Ömer ile Zeki Özcan bizim buraya gelirdi, top oynardık. Bir akşam geç oldu, bunlar evlerine gidemiyor. Ben bunları götürdüm. Dönüşte hava iyice karardı. Kürt Hasanın orada yerde yatan koca koca şeyler gördüm, korktum. Sizin değirmene doğru kaçtım. Çayı geçtim. Çapeyi nefes nefese çıktım. Ertesi gün aynı yere gittim. Kavlanları kesmişler, yerdeki kütüklerden korkmuşum.  

Bir de okulun deresinden de şeytan var diye korkardık. Onun hikayesi de şöyle; Bektaşağa’nın delikanlılarının Arap Köyüne düğüne gelmelerine kızarlarmış. Bir gece zekes dönüşü Arap köyünün gençleri köprünün altına girmişler çarşaflarla, ıslıklarla bunları geçerken korkutmuşlar.


AFİYET ÖZDEMİR
Beyti dedesini anlatırken Jajiy’in yanında akrabaları olduğunu söylüyor. Karaağa Mehmet kim?
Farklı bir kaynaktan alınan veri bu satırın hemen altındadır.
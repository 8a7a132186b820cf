-- ===== src/Routing/Pinned.antt =====
-- What `resolveProvidersForOperation` gives for a provider that is asked for.
use mathlib.Core.List.{Memᴰ}
use omnillm.Prelude.{
  ◌≡◌, refl, sym, ap, subst, ◌∙◌, Bool, true, false, Option, none, some, List, [], ◌∷◌, Text, arith,
  text_eq, text_eq_iff, All, Bool-cases, Option-cases, inl, inr, if◌then◌else◌,
}
use omnillm.Dispatch.Defs.{ResolveError, unsupported, Result, ok, err}
use omnillm.Routing.Candidates.{IsUnique}
use omnillm.Routing.Providers.{
  Model, ModelProvider, ResolvedModelRoute, Sources, bool_eq, of_kind, find_provider, no_route,
  pinned_route, resolve_kind, resolve_of_kind, resolve_providers_for_operation,
}

-- The answer, by the active provider of the instance ID.
abbrev pinned_result : Text → Bool → Option ModelProvider → Result ResolveError ResolvedModelRoute
pinned_result requested evaluation none = ok no_route
pinned_result requested evaluation (some p) =
    if bool_eq p.native evaluation
    then ok (pinned_route requested (some p))
    else if evaluation
    then ok no_route
    else err unsupported

-- Among providers of other IDs nothing is refused and nothing found.
others-of_kind :
    (evaluation : Bool) (id : Text) (ps : List ModelProvider)
    → All (λ q. text_eq q.instance_id id ≡ false) ps
    → (qs : List ModelProvider) × (of_kind evaluation id ps ≡ some qs)
      × (find_provider id qs ≡ none)
unfolding of_kind find_provider
others-of_kind evaluation id [] h = ([], refl, refl)
others-of_kind evaluation id (p ∷ ps) (ne, h) =
    let (qs, e, f) = others-of_kind evaluation id ps h in
    elim (Bool-cases (bool_eq p.native evaluation)) [
      | inl k ↦ (p ∷ qs, rw (k, e) refl, rw (ne, f) refl)
      | inr k ↦ (qs, rw (k, ne, e) refl, f)
    ]

-- The answer is that of the providers behind one of another ID.
skip-of_kind :
    (src : Sources) (requested normalized id : Text) (evaluation : Bool) (p : ModelProvider)
    (ps : List ModelProvider)
    → text_eq id [] ≡ false
    → text_eq p.instance_id id ≡ false
    → resolve_of_kind src requested normalized id (of_kind evaluation id (p ∷ ps))
      ≡ resolve_of_kind src requested normalized id (of_kind evaluation id ps)
unfolding resolve_of_kind of_kind resolve_kind find_provider
skip-of_kind src requested normalized id evaluation p ps i ne =
    elim (Bool-cases (bool_eq p.native evaluation)) [
      | inl k ↦ elim (Option-cases (of_kind evaluation id ps)) [
        | inl e ↦ rw (k, e) refl
        | inr (qs, e) ↦ rw (k, e, i, ne) refl
      ]
      | inr k ↦ rw (k, ne) refl
    ]

others-All :
    (p : ModelProvider) (id : Text) (ps : List ModelProvider)
    → p.instance_id ≡ id
    → All (λ q. text_eq p.instance_id q.instance_id ≡ false) ps
    → All (λ q. text_eq q.instance_id id ≡ false) ps
others-All p id [] e h = tt
others-All p id (q ∷ ps) e (ne, h) = (
  ground (arith, text_eq_iff p.instance_id q.instance_id, text_eq_iff q.instance_id id),
  others-All p id ps e h,
)

-- The answer at the provider of the ID.
found-of_kind :
    (src : Sources) (requested normalized id : Text) (evaluation : Bool) (p : ModelProvider)
    (ps : List ModelProvider)
    → text_eq id [] ≡ false
    → text_eq p.instance_id id ≡ true
    → All (λ q. text_eq q.instance_id id ≡ false) ps
    → resolve_of_kind src requested normalized id (of_kind evaluation id (p ∷ ps))
      ≡ pinned_result requested evaluation (some p)
unfolding resolve_of_kind of_kind resolve_kind find_provider
found-of_kind src requested normalized id evaluation p ps i y h =
    let (qs, e, f) = others-of_kind evaluation id ps h in
    elim (Bool-cases (bool_eq p.native evaluation)) [
      | inl k ↦ rw (k, e, i, y) refl
      | inr k ↦ elim (Bool-cases evaluation) [
        | inl t ↦ rw (k, t, y) (rw (e, i, f) refl)
        | inr t ↦ rw (k, t, y) refl
      ]
    ]

resolve_of_kind-pinned :
    (src : Sources) (requested normalized id : Text) (evaluation : Bool) (ps : List ModelProvider)
    → text_eq id [] ≡ false
    → IsUnique ps
    → resolve_of_kind src requested normalized id (of_kind evaluation id ps)
      ≡ pinned_result requested evaluation (find_provider id ps)
unfolding resolve_of_kind of_kind resolve_kind find_provider
resolve_of_kind-pinned src requested normalized id evaluation [] i u = rw i refl
resolve_of_kind-pinned src requested normalized id evaluation (p ∷ ps) i (ne, u) =
    elim (Bool-cases (text_eq p.instance_id id)) [
      | inr n ↦
          skip-of_kind src requested normalized id evaluation p ps i n
          ∙ resolve_of_kind-pinned src requested normalized id evaluation ps i u
          ∙ ap (pinned_result requested evaluation) (rw n refl)
      | inl y ↦
          found-of_kind src requested normalized id evaluation p ps i y
            (others-All p id ps ((text_eq_iff p.instance_id id).0 y) ne)
          ∙ ap (pinned_result requested evaluation) {x = some p} (rw y refl)
    ]

-- The answer by the code's own route; `resolve_providers-pinned` writes it out.
resolved_pinned :
    (src : Sources) (requested normalized id : Text) (evaluation : Bool)
    → text_eq id [] ≡ false
    → IsUnique src.active
    → resolve_providers_for_operation src requested normalized id evaluation
      ≡ pinned_result requested evaluation (find_provider id src.active)
unfolding resolve_providers_for_operation
resolved_pinned src requested normalized id evaluation i u =
    resolve_of_kind-pinned src requested normalized id evaluation src.active i u

-- The active provider of an instance ID, if there is one.
abbrev pub IsInstance : Text → List ModelProvider → Option ModelProvider → Type 0
IsInstance id ps none = All (λ (q : ModelProvider). text_eq q.instance_id id ≡ false) ps
IsInstance id ps (some p) = Memᴰ p ps × (p.instance_id ≡ id)

-- The answer has one candidate, and a model of the requested name that names its instance.
abbrev pub IsOnly : Text → ModelProvider → Result ResolveError ResolvedModelRoute → Type 0
IsOnly requested p answer =
    (r : ResolvedModelRoute) × (m : Model) × (answer ≡ ok r)
    × (r.candidate_providers ≡ p ∷ [])
    × (r.selected_model ≡ some m)
    × (m.id ≡ requested)
    × (m.name ≡ requested)
    × (m.provider ≡ p.instance_id)
    × (m.capabilities ≡ none)
    × (r.available_models ≡ [])

-- The answer has no candidate and no model.
abbrev pub IsVoid : Result ResolveError ResolvedModelRoute → Type 0
IsVoid answer =
    (r : ResolvedModelRoute) × (answer ≡ ok r)
    × (r.candidate_providers ≡ [])
    × (r.selected_model ≡ none)
    × (r.available_models ≡ [])

-- The answer about an active provider, by whether it is a native evaluator and whether the
-- operation is an evaluation.
abbrev pub AnswersFor :
    Text → ModelProvider → Bool → Bool → Result ResolveError ResolvedModelRoute → Type 0
AnswersFor requested p true true answer = IsOnly requested p answer
AnswersFor requested p false false answer = IsOnly requested p answer
AnswersFor requested p false true answer = IsVoid answer
AnswersFor requested p true false answer = answer ≡ err unsupported

abbrev pub Answers :
    Text → Bool → Option ModelProvider → Result ResolveError ResolvedModelRoute → Type 0
Answers requested evaluation none answer = IsVoid answer
Answers requested evaluation (some p) answer = AnswersFor requested p p.native evaluation answer

find_provider-IsInstance :
    (id : Text) (ps : List ModelProvider) → IsInstance id ps (find_provider id ps)
unfolding find_provider
find_provider-IsInstance id [] = tt
find_provider-IsInstance id (p ∷ ps) = elim (Bool-cases (text_eq p.instance_id id)) [
  | inl e ↦ rw e (Memᴰ.head refl, (text_eq_iff p.instance_id id).0 e)
  | inr e ↦ rw e (behind (find_provider id ps) e (find_provider-IsInstance id ps))
]
  where
    behind :
        (o : Option ModelProvider)
        → text_eq p.instance_id id ≡ false
        → IsInstance id ps o
        → IsInstance id (p ∷ ps) o
    behind none e h = (e, h)
    behind (some q) e (m, h) = (Memᴰ.tail m, h)

route-AnswersFor :
    (requested : Text) (p : ModelProvider) (native evaluation : Bool)
    → AnswersFor requested p native evaluation (
        if bool_eq native evaluation
        then ok (pinned_route requested (some p))
        else if evaluation
        then ok no_route
        else err unsupported)
unfolding bool_eq
route-AnswersFor requested p true true = (_, _, refl, refl, refl, refl, refl, refl, refl, refl)
route-AnswersFor requested p false false = (_, _, refl, refl, refl, refl, refl, refl, refl, refl)
route-AnswersFor requested p false true = (no_route, refl, refl, refl, refl)
route-AnswersFor requested p true false = refl

pinned_result-Answers :
    (requested : Text) (evaluation : Bool) (o : Option ModelProvider)
    → Answers requested evaluation o (pinned_result requested evaluation o)
pinned_result-Answers requested evaluation none = (no_route, refl, refl, refl, refl)
pinned_result-Answers requested evaluation (some p) =
    route-AnswersFor requested p p.native evaluation

-- When a provider is asked for, among active providers of different instance IDs, the answer does
-- not depend on the catalogs: a provider of the kind of the operation is the only candidate, with a
-- model of the requested name and the instance; an inactive one, or for an evaluation one of the
-- other kind, gives a route with neither candidate nor model; a native evaluator is refused as
-- unsupported by any other operation.
pub resolve_providers-pinned :
    (src : Sources) (requested normalized id : Text) (evaluation : Bool)
    → text_eq id [] ≡ false
    → IsUnique src.active
    → (found : Option ModelProvider) × IsInstance id src.active found
      × Answers requested evaluation found
          (resolve_providers_for_operation src requested normalized id evaluation)
resolve_providers-pinned src requested normalized id evaluation i u = (
  find_provider id src.active,
  find_provider-IsInstance id src.active,
  subst (Answers requested evaluation (find_provider id src.active))
      (sym (resolved_pinned src requested normalized id evaluation i u))
      (pinned_result-Answers requested evaluation (find_provider id src.active)),
)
Diye soruyorum. 
Yengem dedemdir diyor. Bu köye ilk gelenlerden biri dedem Blanabze Karaağa Mehmet olabilir. Jajiy de Blanabze idi. Bir akrabalığı olabilir ama ben tam bilmiyorum. 
Benim babamın adı Soğmafko  Mehmet Ali idi.
Mahmut Kahya’nın yaptığı ev Küçük Dede ile bizim evin arasındaydı.  Evin altında ahır üstünde ev vardı. Küçük dedeniz orayı ahır olarak kullanıyordu, üst katını siz görmediniz.
Benim gelin geldiğimde Mahmut Kahya yoktu.
Çaydaki Hala (Nazire Özcan) kaçtı, Zekiye hala (Erdem) da kocaya kaçarak evlenmiş. Çipi Hala zingir zingir  davulla gidecem dermiş. 
Dedenin gözü çakırdı, Çipi halanın ve Zekiye halanın gözü de çakırdı, diğerlerinin gözü kahve rengi idi.
Ben buraya Amcanı çok severek geldim.
Değirmeni Mahmut Kahya yapmış. İlk yapıldığında ağaçmış. Yangın olunca birketten yaptılar.


Bizim evin önündeki düzlükte (İhsan’ların samanlığının önünde) dedem Eztemur orada yatıyor diye Zekiye Hala, İlyas Amcana orayı temizletirdi.